Ich will gerade das Handy zurücklegen, als ohne Vorwarnung ein Anruf einkommt. Beinahe wäre ich vor Schreck zusammengefahren. Ich sehe zu Mikołaj. Er kriegt selbstverständlich nichts mit. Schlummert tief und fest weiter, als wäre nichts los. Wer ist das überhaupt? Ich spüre, wie mir etwas Farbe aus dem Gesicht weicht. Es ist Jakub. Eigentlich wäre es ratsamer, den Anruf anzunehmen. Aber Mikołaj schläft noch. Ich wage einen riskanten Schritt in die sicherlich falsche Richtung. Ohne den Polen aus dem Schlaf zu reißen, nehme ich stattdessen den Anruf ab und halte das Handy an das Ohr. Jakub hört sich kein Stück munter an. Eher vorwurfsvoll und gereizt. Ich kann ihn nicht ganz verstehen, weil er das Gesagte schnell herunterrasselt. Und mit der Hälfte der Wörter kann ich so oder so nichts anfangen. Also lasse ich ihn für die nächsten fünf Minuten reden. Höre der Stimme zu, die einem Mittzwanziger zu gehören scheint. Dass er so extrem jung für sein Alter aussieht, liegt an dem jahrelangen Drogenkonsum. Sie haben nicht nur seine Psyche verändert, sondern auch die körperliche Entwicklung erhebt ich beeinträchtigt. Mit vierzehn soll er angefangen haben; erst knappe zehn Jahre später ist er von ihnen wegekommen. Vielleicht auch erst viel später.

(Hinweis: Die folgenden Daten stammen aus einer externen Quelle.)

-- ===== src/Validation/Outcomes.antt =====
-- repogauge/validation: test outcomes by test id, and the sets of ids that Python's set and sorted give.
use repogauge.Prelude.{
  String, ◌≡◌, refl, Bool, true, false, ◌||◌, Option, none, some, List, [], ◌∷◌, ◌++◌, arith, ◌==◌,
  eq_iff, if◌then◌else◌, is_some, all, member, Dict, get, keys, str_lt,
}

-- junit_parser.py: OUTCOME_PASS and the others
pub data TestOutcome : Type 0 where
  pass fail error skip : TestOutcome

abbrev pub outcome_eq : TestOutcome → TestOutcome → Bool
outcome_eq pass pass = true
outcome_eq fail fail = true
outcome_eq error error = true
outcome_eq skip skip = true
outcome_eq _ _ = false

abbrev pub Outcomes : Type 0
Outcomes = Dict TestOutcome

-- `run.get(tid) == OUTCOME_PASS`
abbrev pub is_pass : Option TestOutcome → Bool
is_pass (some pass) = true
is_pass _ = false

pub is_pass→eq : (o : Option TestOutcome) → is_pass o ≡ true → o ≡ some pass
is_pass→eq o h = ground arith

-- `run.get(tid) in {"fail", "error", None}`
abbrev pub is_failing : Option TestOutcome → Bool
is_failing none = true
is_failing (some fail) = true
is_failing (some error) = true
is_failing _ = false

abbrev pub same_outcome : Option TestOutcome → Option TestOutcome → Bool
same_outcome none none = true
same_outcome (some a) (some b) = outcome_eq a b
same_outcome _ _ = false

pub same_outcome→eq : (a b : Option TestOutcome) → same_outcome a b ≡ true → a ≡ b
same_outcome→eq a b h = ground arith

pub same_outcome_refl : (a : Option TestOutcome) → same_outcome a a ≡ true
same_outcome_refl a = ground arith

-- `run_b == run_b_rerun`, on dictionaries: the order of the entries does not matter.
unfoldable pub same_outcomes : Outcomes → Outcomes → Bool
same_outcomes r s = all (λ k. same_outcome (get r k) (get s k)) (keys r ++ keys s)

-- `sorted(set(ids))`
unfoldable pub insert_sorted : String → List String → List String
insert_sorted x [] = x ∷ []
insert_sorted x (y ∷ ys) =
    if x == y then y ∷ ys else if str_lt x y then x ∷ y ∷ ys else y ∷ insert_sorted x ys

unfoldable pub sorted_set : List String → List String
unfolding insert_sorted
sorted_set [] = []
sorted_set (x ∷ xs) = insert_sorted x (sorted_set xs)

member-insert_sorted :
    (k x : String) (ys : List String) → member k (insert_sorted x ys) ≡ (x == k || member k ys)
unfolding insert_sorted
member-insert_sorted k x [] = refl
member-insert_sorted k x (y ∷ ys) =
    ground (arith, member-insert_sorted k x ys, eq_iff x y, eq_iff x k, eq_iff y k)

pub member-sorted_set : (k : String) (xs : List String) → member k (sorted_set xs) ≡ member k xs
unfolding sorted_set
member-sorted_set k [] = refl
member-sorted_set k (x ∷ xs) =
    ground (arith, member-insert_sorted k x (sorted_set xs), member-sorted_set k xs)

pub member-append :
    (k : String) (xs ys : List String) → member k (xs ++ ys) ≡ (member k xs || member k ys)
member-append k [] ys = refl
member-append k (x ∷ xs) ys = ground (arith, member-append k xs ys)

-- A key that a dictionary has an entry for is one of its keys.
pub member-keys :
    {V : Type 0} (d : Dict V) (k : String) → is_some (get d k) ≡ true → member k (keys d) ≡ true
member-keys [] k h = cc
member-keys ((j, v) ∷ d) k h = ground (arith, member-keys d k)

pub get-not-member :
    {V : Type 0} (d : Dict V) (k : String) → member k (keys d) ≡ false → get d k ≡ none
get-not-member [] k h = refl
get-not-member ((j, v) ∷ d) k h = ground (arith, get-not-member d k)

Dlaczego mi nie odpowiadasz?" Er wird zunehmend ungeduldig. Wenn er wüsste, mit wem er da eigentlich spricht. Es kommt keine Antwort. Bedeutungsvolle Sekunden verstreichen. Jakub knurrt leise. Ein eigenartiger Schauder rennt mir den Rücken herunter. „Wiem, że tam jesteś, bo słyszę jak oddychasz więc. Czekam." Ich schlucke kaum hörbar. Soll ich etwas sagen? Immerhin bin ich so blöd gewesen und habe den Anruf angenommen. Eigentlich bin ich ihm eine Antwort schuldig. „Ostatni raz, chłopcze. A teraz powiedz coś albo zagram zupełnie inną muzyke, która ci się nie spodoba."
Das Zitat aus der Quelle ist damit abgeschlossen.